| Problem description |
Copy out the entries that follow. Leave none out.

| Records for the task |
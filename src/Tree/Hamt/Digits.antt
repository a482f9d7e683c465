-- ===== src/Tree/Hamt/Digits.antt =====
-- The indices of a hash are its digits.
use dsalib.Core.{ℕ, zero, suc, ◌≡◌, ◌*◌, ◌<◌, ◌/◌, ◌%◌, ◌^◌, arith, ap, sym, ◌∙◌}
use native.Mathlib.Nat.{div-div-eq-div-mul}
use dsalib.Tree.Hamt.{index}
use dsalib.Tree.Hamt.Depth.{Separates}

power-suc : (n : ℕ) → 32 * 2 ^ n ≡ 2 ^ suc (suc (suc (suc (suc n))))
power-suc n = omega arith

-- The digits of a number to the base 32 are its indices.
digit-suc : (x l : ℕ) → index (x / 32) l ≡ index x (suc l)
unfolding index
digit-suc x l =
    ap (λ (q : ℕ). q % 32)
      (div-div-eq-div-mul x 32 (2 ^ (l * 5))
        ∙ ap (λ (p : ℕ). x / p) (power-suc (l * 5) ∙ ap (λ (n : ℕ). 2 ^ n) (omega arith)))

digit-zero : (x : ℕ) → x % 32 ≡ index x 0
unfolding index
digit-zero x = omega arith

-- Numbers with the same digits are the same.
digits-eq :
    (n x y : ℕ)
    → x < 2 ^ (n * 5)
    → y < 2 ^ (n * 5)
    → ((l : ℕ) → l < n → index x l ≡ index y l)
    → x ≡ y
unfolding index
digits-eq zero x y hx hy h = omega arith
digits-eq (suc n) x y hx hy h =
    let low : x % 32 ≡ y % 32 = digit-zero x ∙ h 0 (omega arith) ∙ sym (digit-zero y) in
    let grow : 2 ^ (suc n * 5) ≡ 32 * 2 ^ (n * 5) =
      ap (λ (n : ℕ). 2 ^ n) (omega arith) ∙ sym (power-suc (n * 5)) in
    let rest : x / 32 ≡ y / 32 =
      digits-eq n (x / 32) (y / 32) (omega arith) (omega arith)
        (λ l below. digit-suc x l ∙ h (suc l) (omega arith) ∙ sym (digit-suc y l)) in
    omega arith

module _ {ℓ} {K : Type ℓ} (hash : K → ℕ) (InUse : K → Type 0) where
  -- The keys in use have different hashes of 64 bits.
  abbrev pub NoCollision : Type ℓ
  NoCollision =
      ((k : K) → InUse k → hash k < 2 ^ 64)
      × ((k key : K) → InUse k → InUse key → hash k ≡ hash key → k ≡ key)

  pub NoCollision-Separates : NoCollision → Separates hash InUse 13
  NoCollision-Separates (small, apart) k key pk pkey agree =
      let hk = small k pk in
      let hkey = small key pkey in
      apart k key pk pkey (digits-eq 13 (hash k) (hash key) (omega arith) (omega arith) agree)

| Answer area |
filename src/Tree/Hamt/Digits.antt
repository a482f9d7e683c465
-- ===== src/Tree/Hamt/Digits.antt =====
-- The indices of a hash are its digits.
use dsalib.Core.{ℕ, zero, suc, ◌≡◌, ◌*◌, ◌<◌, ◌/◌, ◌%◌, ◌^◌, arith, ap, sym, ◌∙◌}
use native.Mathlib.Nat.{div-div-eq-div-mul}
use dsalib.Tree.Hamt.{index}
use dsalib.Tree.Hamt.Depth.{Separates}

power-suc : (n : ℕ) → 32 * 2 ^ n ≡ 2 ^ suc (suc (suc (suc (suc n))))
power-suc n = omega arith

-- The digits of a number to the base 32 are its indices.
digit-suc : (x l : ℕ) → index (x / 32) l ≡ index x (suc l)
unfolding index
digit-suc x l =
    ap (λ (q : ℕ). q % 32)
      (div-div-eq-div-mul x 32 (2 ^ (l * 5))
        ∙ ap (λ (p : ℕ). x / p) (power-suc (l * 5) ∙ ap (λ (n : ℕ). 2 ^ n) (omega arith)))

digit-zero : (x : ℕ) → x % 32 ≡ index x 0
unfolding index
digit-zero x = omega arith

-- Numbers with the same digits are the same.
digits-eq :
    (n x y : ℕ)
    → x < 2 ^ (n * 5)
    → y < 2 ^ (n * 5)
    → ((l : ℕ) → l < n → index x l ≡ index y l)
    → x ≡ y
unfolding index
digits-eq zero x y hx hy h = omega arith
digits-eq (suc n) x y hx hy h =
    let low : x % 32 ≡ y % 32 = digit-zero x ∙ h 0 (omega arith) ∙ sym (digit-zero y) in
    let grow : 2 ^ (suc n * 5) ≡ 32 * 2 ^ (n * 5) =
      ap (λ (n : ℕ). 2 ^ n) (omega arith) ∙ sym (power-suc (n * 5)) in
    let rest : x / 32 ≡ y / 32 =
      digits-eq n (x / 32) (y / 32) (omega arith) (omega arith)
        (λ l below. digit-suc x l ∙ h (suc l) (omega arith) ∙ sym (digit-suc y l)) in
    omega arith

module _ {ℓ} {K : Type ℓ} (hash : K → ℕ) (InUse : K → Type 0) where
  -- The keys in use have different hashes of 64 bits.
  abbrev pub NoCollision : Type ℓ
  NoCollision =
      ((k : K) → InUse k → hash k < 2 ^ 64)
      × ((k key : K) → InUse k → InUse key → hash k ≡ hash key → k ≡ key)

  pub NoCollision-Separates : NoCollision → Separates hash InUse 13
  NoCollision-Separates (small, apart) k key pk pkey agree =
      let hk = small k pk in
      let hkey = small key pkey in
      apart k key pk pkey (digits-eq 13 (hash k) (hash key) (omega arith) (omega arith) agree)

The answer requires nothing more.